=== Section Start ===

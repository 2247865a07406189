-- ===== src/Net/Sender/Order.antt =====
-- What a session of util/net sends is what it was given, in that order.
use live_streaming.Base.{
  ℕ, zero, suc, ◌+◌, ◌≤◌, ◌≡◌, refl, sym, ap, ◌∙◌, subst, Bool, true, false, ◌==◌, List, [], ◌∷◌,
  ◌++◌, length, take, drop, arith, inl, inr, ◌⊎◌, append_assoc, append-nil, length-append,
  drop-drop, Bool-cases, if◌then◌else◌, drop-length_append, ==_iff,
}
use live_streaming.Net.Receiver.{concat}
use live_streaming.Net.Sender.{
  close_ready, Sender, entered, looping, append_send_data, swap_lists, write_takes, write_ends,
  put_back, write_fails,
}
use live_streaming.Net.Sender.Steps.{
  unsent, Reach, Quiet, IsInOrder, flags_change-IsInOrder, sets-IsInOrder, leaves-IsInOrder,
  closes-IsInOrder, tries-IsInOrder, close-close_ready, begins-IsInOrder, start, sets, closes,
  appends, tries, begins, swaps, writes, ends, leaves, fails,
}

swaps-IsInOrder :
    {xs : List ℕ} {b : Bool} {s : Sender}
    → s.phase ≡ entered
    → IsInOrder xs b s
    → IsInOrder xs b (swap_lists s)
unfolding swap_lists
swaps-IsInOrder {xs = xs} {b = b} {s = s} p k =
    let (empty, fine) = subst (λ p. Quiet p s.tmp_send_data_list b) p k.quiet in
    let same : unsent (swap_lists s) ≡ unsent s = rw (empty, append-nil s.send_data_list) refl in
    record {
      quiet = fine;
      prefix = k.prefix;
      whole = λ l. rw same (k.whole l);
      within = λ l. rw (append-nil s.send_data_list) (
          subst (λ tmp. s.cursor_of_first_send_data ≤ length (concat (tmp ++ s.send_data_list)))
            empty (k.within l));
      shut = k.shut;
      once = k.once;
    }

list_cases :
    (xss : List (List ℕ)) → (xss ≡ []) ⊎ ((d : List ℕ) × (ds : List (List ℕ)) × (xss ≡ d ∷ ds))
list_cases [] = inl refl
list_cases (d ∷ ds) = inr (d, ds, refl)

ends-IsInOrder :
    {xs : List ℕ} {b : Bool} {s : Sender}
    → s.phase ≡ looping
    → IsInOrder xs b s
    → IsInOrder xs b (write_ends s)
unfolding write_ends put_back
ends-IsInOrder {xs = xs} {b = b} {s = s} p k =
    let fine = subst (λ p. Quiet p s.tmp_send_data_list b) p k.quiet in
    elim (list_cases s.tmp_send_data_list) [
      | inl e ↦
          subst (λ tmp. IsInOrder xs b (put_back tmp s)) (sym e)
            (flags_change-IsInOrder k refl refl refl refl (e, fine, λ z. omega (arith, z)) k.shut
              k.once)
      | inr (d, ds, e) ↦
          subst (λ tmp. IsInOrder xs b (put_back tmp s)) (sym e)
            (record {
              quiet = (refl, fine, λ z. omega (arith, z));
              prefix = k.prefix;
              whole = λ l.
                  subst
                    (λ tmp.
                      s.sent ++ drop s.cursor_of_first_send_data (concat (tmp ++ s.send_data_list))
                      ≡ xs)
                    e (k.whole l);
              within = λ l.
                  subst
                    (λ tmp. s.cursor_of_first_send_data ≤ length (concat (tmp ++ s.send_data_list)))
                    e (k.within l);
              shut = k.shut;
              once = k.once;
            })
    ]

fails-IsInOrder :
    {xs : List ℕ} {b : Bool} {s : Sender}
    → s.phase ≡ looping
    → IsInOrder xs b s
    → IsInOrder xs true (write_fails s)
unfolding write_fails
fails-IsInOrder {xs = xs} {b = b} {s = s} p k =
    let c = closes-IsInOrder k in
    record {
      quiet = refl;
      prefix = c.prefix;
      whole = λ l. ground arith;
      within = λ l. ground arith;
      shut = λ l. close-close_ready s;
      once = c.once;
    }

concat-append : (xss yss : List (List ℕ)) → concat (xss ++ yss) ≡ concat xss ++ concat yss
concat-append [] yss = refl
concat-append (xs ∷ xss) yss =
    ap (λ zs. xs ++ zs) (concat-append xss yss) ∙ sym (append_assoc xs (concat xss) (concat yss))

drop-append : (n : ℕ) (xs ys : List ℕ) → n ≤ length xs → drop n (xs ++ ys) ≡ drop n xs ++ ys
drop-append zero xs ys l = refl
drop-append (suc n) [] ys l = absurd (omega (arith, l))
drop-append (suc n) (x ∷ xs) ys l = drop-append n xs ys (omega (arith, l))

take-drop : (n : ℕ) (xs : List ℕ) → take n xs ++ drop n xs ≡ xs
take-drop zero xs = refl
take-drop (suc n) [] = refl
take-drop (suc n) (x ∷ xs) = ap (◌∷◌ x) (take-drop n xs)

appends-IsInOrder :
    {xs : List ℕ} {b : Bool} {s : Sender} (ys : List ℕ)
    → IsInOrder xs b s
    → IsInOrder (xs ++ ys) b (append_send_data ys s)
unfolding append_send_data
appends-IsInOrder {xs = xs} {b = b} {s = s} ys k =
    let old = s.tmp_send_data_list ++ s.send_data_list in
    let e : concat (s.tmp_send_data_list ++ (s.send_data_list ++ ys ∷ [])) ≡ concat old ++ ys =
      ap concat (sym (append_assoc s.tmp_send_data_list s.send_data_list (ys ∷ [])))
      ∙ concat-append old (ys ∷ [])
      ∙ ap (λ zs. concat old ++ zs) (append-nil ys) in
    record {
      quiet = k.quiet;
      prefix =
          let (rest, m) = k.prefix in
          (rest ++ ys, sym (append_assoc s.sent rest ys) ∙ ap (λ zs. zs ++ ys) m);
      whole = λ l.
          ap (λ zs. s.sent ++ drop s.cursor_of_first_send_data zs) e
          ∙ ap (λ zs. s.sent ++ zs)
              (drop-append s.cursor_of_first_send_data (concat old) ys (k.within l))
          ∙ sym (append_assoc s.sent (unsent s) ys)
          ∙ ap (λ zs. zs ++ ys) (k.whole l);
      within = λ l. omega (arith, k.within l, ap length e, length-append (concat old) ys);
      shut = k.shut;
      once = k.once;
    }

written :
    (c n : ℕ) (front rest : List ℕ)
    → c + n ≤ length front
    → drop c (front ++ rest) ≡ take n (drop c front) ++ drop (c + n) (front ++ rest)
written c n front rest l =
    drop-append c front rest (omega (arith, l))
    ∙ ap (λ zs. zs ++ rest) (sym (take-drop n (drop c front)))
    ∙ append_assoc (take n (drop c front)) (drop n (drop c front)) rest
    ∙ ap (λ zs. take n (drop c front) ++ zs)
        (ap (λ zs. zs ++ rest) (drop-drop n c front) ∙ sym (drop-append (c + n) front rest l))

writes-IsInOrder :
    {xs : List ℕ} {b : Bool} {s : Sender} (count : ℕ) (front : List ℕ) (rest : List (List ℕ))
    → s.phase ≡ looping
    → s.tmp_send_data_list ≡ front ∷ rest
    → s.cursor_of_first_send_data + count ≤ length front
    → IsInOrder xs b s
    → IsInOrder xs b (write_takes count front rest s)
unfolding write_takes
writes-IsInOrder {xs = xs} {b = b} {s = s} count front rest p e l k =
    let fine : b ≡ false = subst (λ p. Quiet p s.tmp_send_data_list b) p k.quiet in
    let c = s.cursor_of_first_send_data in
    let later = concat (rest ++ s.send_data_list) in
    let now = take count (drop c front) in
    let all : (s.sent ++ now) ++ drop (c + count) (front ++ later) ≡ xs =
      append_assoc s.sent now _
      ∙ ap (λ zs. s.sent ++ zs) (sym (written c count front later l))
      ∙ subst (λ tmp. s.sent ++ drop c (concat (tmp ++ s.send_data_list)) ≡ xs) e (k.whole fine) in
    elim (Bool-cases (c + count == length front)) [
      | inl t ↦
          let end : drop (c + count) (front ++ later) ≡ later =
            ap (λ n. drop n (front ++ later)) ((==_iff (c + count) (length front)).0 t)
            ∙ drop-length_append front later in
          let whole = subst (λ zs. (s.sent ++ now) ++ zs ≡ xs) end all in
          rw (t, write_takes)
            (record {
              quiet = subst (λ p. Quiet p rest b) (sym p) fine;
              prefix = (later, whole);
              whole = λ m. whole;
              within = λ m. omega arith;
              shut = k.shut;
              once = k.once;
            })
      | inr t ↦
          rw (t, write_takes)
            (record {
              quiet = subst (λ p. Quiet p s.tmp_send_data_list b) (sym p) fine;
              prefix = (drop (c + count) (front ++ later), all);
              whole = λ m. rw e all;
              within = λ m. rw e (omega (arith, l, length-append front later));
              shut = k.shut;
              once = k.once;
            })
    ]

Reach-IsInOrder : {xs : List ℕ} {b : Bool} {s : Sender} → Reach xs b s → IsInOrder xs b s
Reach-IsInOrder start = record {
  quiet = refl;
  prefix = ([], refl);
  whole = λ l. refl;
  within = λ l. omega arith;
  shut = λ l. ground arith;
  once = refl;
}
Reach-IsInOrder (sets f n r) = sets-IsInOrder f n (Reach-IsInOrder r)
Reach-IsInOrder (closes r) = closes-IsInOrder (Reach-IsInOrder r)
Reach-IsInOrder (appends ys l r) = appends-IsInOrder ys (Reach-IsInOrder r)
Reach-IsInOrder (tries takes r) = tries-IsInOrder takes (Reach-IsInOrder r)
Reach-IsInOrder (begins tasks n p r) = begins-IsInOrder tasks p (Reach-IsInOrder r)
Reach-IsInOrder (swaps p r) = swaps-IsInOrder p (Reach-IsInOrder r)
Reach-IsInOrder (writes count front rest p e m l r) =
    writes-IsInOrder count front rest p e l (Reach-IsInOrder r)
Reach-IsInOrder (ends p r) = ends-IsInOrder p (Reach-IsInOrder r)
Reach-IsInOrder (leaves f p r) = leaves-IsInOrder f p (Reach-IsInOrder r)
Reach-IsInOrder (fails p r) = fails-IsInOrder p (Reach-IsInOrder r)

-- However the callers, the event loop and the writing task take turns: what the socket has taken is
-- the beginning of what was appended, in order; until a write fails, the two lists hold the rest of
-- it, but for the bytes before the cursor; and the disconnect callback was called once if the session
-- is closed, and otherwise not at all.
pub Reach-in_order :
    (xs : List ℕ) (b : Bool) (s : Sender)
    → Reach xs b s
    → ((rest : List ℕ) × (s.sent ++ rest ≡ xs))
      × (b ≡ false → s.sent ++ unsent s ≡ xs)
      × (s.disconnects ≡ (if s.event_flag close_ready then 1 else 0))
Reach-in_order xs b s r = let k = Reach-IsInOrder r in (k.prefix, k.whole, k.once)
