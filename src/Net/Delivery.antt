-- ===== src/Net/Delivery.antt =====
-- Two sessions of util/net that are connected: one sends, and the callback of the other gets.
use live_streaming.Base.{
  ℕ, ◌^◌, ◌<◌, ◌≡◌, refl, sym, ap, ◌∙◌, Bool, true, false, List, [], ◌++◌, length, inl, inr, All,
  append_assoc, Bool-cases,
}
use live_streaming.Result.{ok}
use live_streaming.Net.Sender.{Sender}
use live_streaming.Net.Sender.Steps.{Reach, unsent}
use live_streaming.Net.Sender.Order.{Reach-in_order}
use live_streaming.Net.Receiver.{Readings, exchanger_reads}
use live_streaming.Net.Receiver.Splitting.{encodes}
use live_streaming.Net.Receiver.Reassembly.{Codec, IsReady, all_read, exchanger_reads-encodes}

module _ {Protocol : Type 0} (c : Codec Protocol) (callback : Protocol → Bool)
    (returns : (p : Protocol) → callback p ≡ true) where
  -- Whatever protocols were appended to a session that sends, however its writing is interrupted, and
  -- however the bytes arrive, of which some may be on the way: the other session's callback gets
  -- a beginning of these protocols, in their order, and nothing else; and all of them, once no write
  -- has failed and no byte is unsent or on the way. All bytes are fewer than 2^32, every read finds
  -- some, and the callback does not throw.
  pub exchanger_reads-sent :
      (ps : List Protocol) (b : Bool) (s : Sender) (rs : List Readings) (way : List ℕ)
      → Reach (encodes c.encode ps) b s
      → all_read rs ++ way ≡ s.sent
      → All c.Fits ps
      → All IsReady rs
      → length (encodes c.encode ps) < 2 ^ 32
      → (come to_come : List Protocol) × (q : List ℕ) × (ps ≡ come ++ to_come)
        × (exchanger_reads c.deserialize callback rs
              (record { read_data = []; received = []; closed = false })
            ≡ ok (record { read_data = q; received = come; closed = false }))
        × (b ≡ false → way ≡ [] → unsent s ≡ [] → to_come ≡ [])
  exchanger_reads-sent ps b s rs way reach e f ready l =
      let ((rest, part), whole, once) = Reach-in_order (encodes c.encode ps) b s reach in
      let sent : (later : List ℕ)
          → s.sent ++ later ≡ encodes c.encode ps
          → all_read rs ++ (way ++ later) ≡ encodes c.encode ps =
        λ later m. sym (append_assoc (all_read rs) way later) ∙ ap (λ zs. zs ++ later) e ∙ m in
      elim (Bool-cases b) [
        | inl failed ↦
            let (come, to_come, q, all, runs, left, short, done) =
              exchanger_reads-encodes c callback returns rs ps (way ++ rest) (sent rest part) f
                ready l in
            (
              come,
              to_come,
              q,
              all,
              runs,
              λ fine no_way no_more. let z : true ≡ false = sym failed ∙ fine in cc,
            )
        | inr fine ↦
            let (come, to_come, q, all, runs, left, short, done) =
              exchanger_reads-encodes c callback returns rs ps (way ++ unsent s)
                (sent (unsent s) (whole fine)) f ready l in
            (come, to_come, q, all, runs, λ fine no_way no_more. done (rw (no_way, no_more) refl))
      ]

=== Section End ===

◆ Instructions to follow
Would you print exactly, and only, the lines of the data above from the line with "-- however the bytes" through the line with "-- has failed", inclusive?

◆ Written answer
  -- however the bytes arrive, of which some may be on the way: the other session's callback gets
  -- a beginning of these protocols, in their order, and nothing else; and all of them, once no write
  -- has failed and no byte is unsent or on the way. All bytes are fewer than 2^32, every read finds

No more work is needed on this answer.